Directions for this task:
Output every line from the beginning of the records through the line that contains "365 * (y - 1970)", exactly as it appears.

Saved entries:
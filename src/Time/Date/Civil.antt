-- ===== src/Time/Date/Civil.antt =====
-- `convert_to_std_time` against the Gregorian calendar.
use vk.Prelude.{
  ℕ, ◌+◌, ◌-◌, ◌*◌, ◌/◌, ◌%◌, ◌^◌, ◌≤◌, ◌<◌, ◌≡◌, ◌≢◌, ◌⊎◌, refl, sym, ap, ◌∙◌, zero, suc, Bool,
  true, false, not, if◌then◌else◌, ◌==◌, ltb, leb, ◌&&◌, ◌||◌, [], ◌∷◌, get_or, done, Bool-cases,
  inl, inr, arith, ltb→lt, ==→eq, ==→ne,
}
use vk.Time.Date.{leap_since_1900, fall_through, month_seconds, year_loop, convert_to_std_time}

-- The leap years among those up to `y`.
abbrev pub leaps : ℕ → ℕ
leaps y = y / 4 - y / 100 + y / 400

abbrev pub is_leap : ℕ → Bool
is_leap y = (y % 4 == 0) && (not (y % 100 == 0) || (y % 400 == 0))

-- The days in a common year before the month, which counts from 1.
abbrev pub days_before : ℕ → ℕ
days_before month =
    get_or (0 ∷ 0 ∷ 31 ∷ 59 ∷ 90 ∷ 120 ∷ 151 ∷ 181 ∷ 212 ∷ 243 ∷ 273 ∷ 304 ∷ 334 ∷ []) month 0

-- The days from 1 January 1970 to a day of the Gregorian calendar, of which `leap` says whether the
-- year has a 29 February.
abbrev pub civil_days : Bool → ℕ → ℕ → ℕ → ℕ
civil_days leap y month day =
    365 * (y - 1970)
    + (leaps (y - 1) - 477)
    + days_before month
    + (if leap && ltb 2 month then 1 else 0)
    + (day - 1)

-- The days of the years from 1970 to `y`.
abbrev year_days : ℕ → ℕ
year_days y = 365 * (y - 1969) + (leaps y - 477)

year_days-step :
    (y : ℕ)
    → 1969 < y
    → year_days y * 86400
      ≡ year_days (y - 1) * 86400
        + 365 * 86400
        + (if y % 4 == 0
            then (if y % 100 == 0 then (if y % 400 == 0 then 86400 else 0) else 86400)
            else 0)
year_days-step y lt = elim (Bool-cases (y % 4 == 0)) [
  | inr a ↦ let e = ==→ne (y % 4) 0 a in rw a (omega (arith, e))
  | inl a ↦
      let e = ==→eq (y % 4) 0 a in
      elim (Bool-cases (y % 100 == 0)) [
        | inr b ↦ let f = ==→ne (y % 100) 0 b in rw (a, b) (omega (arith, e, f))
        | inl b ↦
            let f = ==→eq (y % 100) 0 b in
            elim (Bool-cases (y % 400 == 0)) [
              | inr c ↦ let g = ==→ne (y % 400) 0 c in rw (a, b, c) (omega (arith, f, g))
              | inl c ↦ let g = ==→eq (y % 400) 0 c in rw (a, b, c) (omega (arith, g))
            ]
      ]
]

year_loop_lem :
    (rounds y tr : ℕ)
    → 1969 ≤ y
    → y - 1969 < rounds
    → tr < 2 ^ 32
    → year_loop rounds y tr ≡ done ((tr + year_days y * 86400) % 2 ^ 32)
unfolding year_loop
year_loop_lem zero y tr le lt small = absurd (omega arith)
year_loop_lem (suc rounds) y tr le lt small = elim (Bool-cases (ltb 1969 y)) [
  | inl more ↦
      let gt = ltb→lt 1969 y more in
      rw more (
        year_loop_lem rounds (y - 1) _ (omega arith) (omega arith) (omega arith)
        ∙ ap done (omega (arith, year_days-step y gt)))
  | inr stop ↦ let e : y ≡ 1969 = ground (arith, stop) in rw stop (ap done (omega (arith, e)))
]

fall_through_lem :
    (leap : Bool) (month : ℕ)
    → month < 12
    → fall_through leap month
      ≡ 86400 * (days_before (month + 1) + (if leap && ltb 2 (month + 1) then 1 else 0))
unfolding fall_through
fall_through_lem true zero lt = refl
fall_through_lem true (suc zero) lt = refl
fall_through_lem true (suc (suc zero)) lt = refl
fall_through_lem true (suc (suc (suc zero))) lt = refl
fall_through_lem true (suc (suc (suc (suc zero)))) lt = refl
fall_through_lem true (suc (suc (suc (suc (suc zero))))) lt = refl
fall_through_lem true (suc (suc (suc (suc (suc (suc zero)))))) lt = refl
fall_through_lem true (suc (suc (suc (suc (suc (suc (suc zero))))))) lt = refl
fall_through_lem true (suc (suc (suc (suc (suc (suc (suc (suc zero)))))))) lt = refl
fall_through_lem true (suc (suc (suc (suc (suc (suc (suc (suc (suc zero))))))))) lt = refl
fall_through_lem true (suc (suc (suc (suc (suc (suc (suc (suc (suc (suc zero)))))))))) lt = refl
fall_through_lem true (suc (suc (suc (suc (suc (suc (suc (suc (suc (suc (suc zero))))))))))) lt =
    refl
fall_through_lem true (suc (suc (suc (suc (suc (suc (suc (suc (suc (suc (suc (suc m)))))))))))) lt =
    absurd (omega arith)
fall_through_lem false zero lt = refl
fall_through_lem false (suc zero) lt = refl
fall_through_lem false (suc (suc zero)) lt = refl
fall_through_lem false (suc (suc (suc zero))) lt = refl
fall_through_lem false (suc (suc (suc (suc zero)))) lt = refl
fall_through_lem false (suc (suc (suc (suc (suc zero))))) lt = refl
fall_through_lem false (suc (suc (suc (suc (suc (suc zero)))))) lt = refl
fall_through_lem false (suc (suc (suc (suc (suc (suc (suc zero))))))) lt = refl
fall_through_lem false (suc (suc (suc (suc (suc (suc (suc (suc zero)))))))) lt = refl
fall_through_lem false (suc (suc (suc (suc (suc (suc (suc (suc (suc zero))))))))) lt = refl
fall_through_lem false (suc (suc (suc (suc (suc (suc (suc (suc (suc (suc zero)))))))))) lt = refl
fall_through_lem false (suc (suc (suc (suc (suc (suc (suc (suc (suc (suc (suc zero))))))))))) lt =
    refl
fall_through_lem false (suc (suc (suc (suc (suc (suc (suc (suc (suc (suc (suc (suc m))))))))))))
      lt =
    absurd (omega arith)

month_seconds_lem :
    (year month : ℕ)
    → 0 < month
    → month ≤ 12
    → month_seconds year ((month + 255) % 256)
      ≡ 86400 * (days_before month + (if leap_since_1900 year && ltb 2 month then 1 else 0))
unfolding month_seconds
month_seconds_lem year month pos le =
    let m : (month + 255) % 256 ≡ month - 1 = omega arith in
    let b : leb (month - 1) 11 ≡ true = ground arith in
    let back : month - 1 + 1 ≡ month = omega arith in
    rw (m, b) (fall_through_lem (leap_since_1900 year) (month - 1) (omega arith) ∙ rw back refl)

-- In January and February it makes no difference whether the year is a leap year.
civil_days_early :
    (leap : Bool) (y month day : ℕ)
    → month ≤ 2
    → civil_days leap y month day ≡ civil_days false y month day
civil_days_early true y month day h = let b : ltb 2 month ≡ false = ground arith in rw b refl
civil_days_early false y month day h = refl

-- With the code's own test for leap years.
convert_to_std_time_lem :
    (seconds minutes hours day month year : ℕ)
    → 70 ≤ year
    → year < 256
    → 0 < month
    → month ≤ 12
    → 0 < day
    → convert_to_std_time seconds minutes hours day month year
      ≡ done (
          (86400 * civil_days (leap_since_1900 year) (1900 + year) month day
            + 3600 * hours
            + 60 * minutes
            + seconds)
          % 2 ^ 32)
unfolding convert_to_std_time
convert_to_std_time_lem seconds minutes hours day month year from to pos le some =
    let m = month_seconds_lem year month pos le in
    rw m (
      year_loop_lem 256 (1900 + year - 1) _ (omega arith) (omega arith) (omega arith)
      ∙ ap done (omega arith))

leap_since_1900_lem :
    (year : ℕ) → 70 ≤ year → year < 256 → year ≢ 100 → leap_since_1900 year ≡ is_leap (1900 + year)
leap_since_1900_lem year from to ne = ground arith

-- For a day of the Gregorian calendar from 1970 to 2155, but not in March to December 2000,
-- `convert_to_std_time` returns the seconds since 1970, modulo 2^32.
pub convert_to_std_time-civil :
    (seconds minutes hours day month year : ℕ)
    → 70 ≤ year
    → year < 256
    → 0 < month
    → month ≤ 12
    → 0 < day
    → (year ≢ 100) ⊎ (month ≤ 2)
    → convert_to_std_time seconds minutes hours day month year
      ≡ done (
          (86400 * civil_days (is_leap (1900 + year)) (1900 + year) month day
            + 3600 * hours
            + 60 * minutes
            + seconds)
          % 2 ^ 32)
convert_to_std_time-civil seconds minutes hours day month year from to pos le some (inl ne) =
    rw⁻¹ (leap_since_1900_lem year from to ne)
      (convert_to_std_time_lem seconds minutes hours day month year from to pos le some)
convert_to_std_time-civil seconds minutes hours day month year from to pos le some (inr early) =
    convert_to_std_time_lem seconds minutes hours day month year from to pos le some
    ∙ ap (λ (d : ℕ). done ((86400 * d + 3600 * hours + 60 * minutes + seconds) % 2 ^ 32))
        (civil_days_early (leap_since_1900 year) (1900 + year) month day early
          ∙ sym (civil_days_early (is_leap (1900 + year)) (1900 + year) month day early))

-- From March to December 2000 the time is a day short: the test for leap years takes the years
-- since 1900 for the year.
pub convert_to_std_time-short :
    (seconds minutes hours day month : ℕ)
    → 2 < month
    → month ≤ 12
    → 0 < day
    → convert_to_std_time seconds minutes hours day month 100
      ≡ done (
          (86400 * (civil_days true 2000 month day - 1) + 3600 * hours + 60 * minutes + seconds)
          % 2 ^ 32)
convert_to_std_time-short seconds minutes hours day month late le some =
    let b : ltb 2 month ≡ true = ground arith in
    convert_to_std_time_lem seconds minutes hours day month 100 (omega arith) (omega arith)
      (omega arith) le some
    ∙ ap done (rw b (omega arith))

Your solution:
filename src/Time/Date/Civil.antt
-- ===== src/Time/Date/Civil.antt =====
-- `convert_to_std_time` against the Gregorian calendar.
use vk.Prelude.{
  ℕ, ◌+◌, ◌-◌, ◌*◌, ◌/◌, ◌%◌, ◌^◌, ◌≤◌, ◌<◌, ◌≡◌, ◌≢◌, ◌⊎◌, refl, sym, ap, ◌∙◌, zero, suc, Bool,
  true, false, not, if◌then◌else◌, ◌==◌, ltb, leb, ◌&&◌, ◌||◌, [], ◌∷◌, get_or, done, Bool-cases,
  inl, inr, arith, ltb→lt, ==→eq, ==→ne,
}
use vk.Time.Date.{leap_since_1900, fall_through, month_seconds, year_loop, convert_to_std_time}

-- The leap years among those up to `y`.
abbrev pub leaps : ℕ → ℕ
leaps y = y / 4 - y / 100 + y / 400

abbrev pub is_leap : ℕ → Bool
is_leap y = (y % 4 == 0) && (not (y % 100 == 0) || (y % 400 == 0))

-- The days in a common year before the month, which counts from 1.
abbrev pub days_before : ℕ → ℕ
days_before month =
    get_or (0 ∷ 0 ∷ 31 ∷ 59 ∷ 90 ∷ 120 ∷ 151 ∷ 181 ∷ 212 ∷ 243 ∷ 273 ∷ 304 ∷ 334 ∷ []) month 0

-- The days from 1 January 1970 to a day of the Gregorian calendar, of which `leap` says whether the
-- year has a 29 February.
abbrev pub civil_days : Bool → ℕ → ℕ → ℕ → ℕ
civil_days leap y month day =
    365 * (y - 1970)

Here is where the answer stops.